Fortunatamente non sempre le Ematurie sono il sintomo di patologie gravi. Infatti, nelle Pazienti giovani che spesso
sono soggette a infezione delle basse vie
urinarie da E. Coli, batterio che più facilmente degli altri può provocare Ematuria, tale sintomo spesso si accompagna
all’intensa sintomatologia cistitica provocata da tale tipo di infezione. È comunque da ricordare che nella pratica
clinica esistono rari tipi di ematuria di
cui, nonostante esaurienti indagini effettuate, non si riesce a individuarne la causa.
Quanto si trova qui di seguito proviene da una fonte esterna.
-- ===== src/Http/Request/Chunk/Bounds.antt =====
-- How far a complete chunked body reaches, and how large it is.
use ferro_http.Http.Request.{ok, >>=-eq-ok}
use ferro_http.Base.{
  ℕ, zero, suc, ◌+◌, ◌≤◌, ◌<◌, ◌≡◌, inl, inr, [], ◌++◌, arith, Option-cases, length, take, drop,
  Bytes,
}
use ferro_http.Http.Request.Scan.{find_subslice, crlf}
use ferro_http.Http.Request.Scan.Search.{find_crlf-le}
use ferro_http.Http.Request.Chunk.{
  complete, skip_trailers, size_token, parse_hex, take_chunk, decode_chunks, decode_chunked,
}
use ferro_http.Http.Request.Chunk.Steps.{take_chunk-Takes}
use ferro_http.Http.Request.Chunk.Stable.{unterminated-ne-complete}

-- The end of a body that was read from `pos` on, and its size.
pub record IsBounded (buf : Bytes) (max_body pos : ℕ) (b : Bytes) (n : ℕ) : Type 0 where
  pub after : pos < n
  pub in_buffer : n ≤ length buf
  pub fits : length b ≤ max_body

module _ (buf : Bytes) (max_body : ℕ) where
  skip_trailers-IsBounded :
      (f tpos : ℕ) (body : Bytes) {b : Bytes} {n : ℕ}
      → length body ≤ max_body
      → skip_trailers f buf tpos body ≡ ok (complete b n)
      → IsBounded buf max_body tpos b n
  unfolding skip_trailers
  skip_trailers-IsBounded zero tpos body small h = cc
  skip_trailers-IsBounded (suc f) tpos body small h =
      elim (Option-cases (find_subslice (drop tpos buf) crlf)) [
        | inl missed ↦ absurd (unterminated-ne-complete _ (rw (missed, skip_trailers) at h))
        | inr (zero, found) ↦
            let e = rw (found, skip_trailers) at h in
            let room = find_crlf-le buf tpos found in ground (arith, e, room)
        | inr (suc i, found) ↦
            let later =
              skip_trailers-IsBounded f (tpos + suc i + 2) body small
                (rw (found, skip_trailers) at h) in
            record {
              after = omega (arith, later.after);
              in_buffer = later.in_buffer;
              fits = later.fits;
            }
      ]

  decode_chunks-IsBounded :
      (f pos : ℕ) (body : Bytes) {b : Bytes} {n : ℕ}
      → length body ≤ max_body
      → decode_chunks f buf max_body pos body ≡ ok (complete b n)
      → IsBounded buf max_body pos b n
  unfolding decode_chunks
  decode_chunks-IsBounded zero pos body small h = cc
  decode_chunks-IsBounded (suc f) pos body {b} {n} small h =
      elim (Option-cases (find_subslice (drop pos buf) crlf)) [
        | inl missed ↦ absurd (unterminated-ne-complete _ (rw (missed, decode_chunks) at h))
        | inr (i, found) ↦
            let (size, parsed, rest) =
              >>=-eq-ok (parse_hex (size_token (take i (drop pos buf)))) _
                (rw (found, decode_chunks) at h) in
            let later =
              sized (pos + i + 2) size (λ p b' s e. decode_chunks-IsBounded f p b' s e) rest in
            record {
              after = omega (arith, later.after);
              in_buffer = later.in_buffer;
              fits = later.fits;
            }
      ]
    where
      sized :
          (data_start size : ℕ)
          → ((p : ℕ) (b' : Bytes)
              → length b' ≤ max_body
              → decode_chunks f buf max_body p b' ≡ ok (complete b n)
              → IsBounded buf max_body p b n)
          → elim size [
            | zero ↦ skip_trailers (suc (length buf)) buf data_start body
            | suc k ↦ take_chunk buf max_body body data_start (suc k) (decode_chunks f buf max_body)
          ]
            ≡ ok (complete b n)
          → IsBounded buf max_body data_start b n
      sized data_start zero ih e =
          skip_trailers-IsBounded (suc (length buf)) data_start body small e
      sized data_start (suc k) ih e =
          let (chunk, p, t, later) = take_chunk-Takes (decode_chunks f buf max_body) e in
          let bounded = ih p (body ++ chunk) t.fits later in
          record {
            after = omega (arith, bounded.after, t.forward, t.ordered);
            in_buffer = bounded.in_buffer;
            fits = bounded.fits;
          }

pub decode_chunked-IsBounded :
    (buf : Bytes) (max_body : ℕ) {b : Bytes} {n : ℕ}
    → decode_chunked buf max_body ≡ ok (complete b n)
    → IsBounded buf max_body 0 b n
unfolding decode_chunked
decode_chunked-IsBounded buf max_body h =
    decode_chunks-IsBounded buf max_body (suc (length buf)) 0 [] (omega arith) h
La letteratura corrente ipotizza che in
tali casi possano essere presenti micro
malformazioni vascolari patologiche a
livello renale.
In caso di Ematuria, vanno eseguite sistematicamente tutte le indagini disponibili, soprattutto quelle per Immagini
(Ecografia, TAC, RMN ) e Operative Endourologiche, per chiarire esaurientemente le cause del sintomo.
La terapia è ovviamente rivolta alla causa che ha generato l’Ematuria e quindi, a
seconda delle situazioni, dovrà essere
medica o chirurgica.
Per concludere, è opportuno citare quello che in Urologia è un accettato aforisma: “l’Ematuria, fino a prova contraria
e documentata, può nascondere un tumore”.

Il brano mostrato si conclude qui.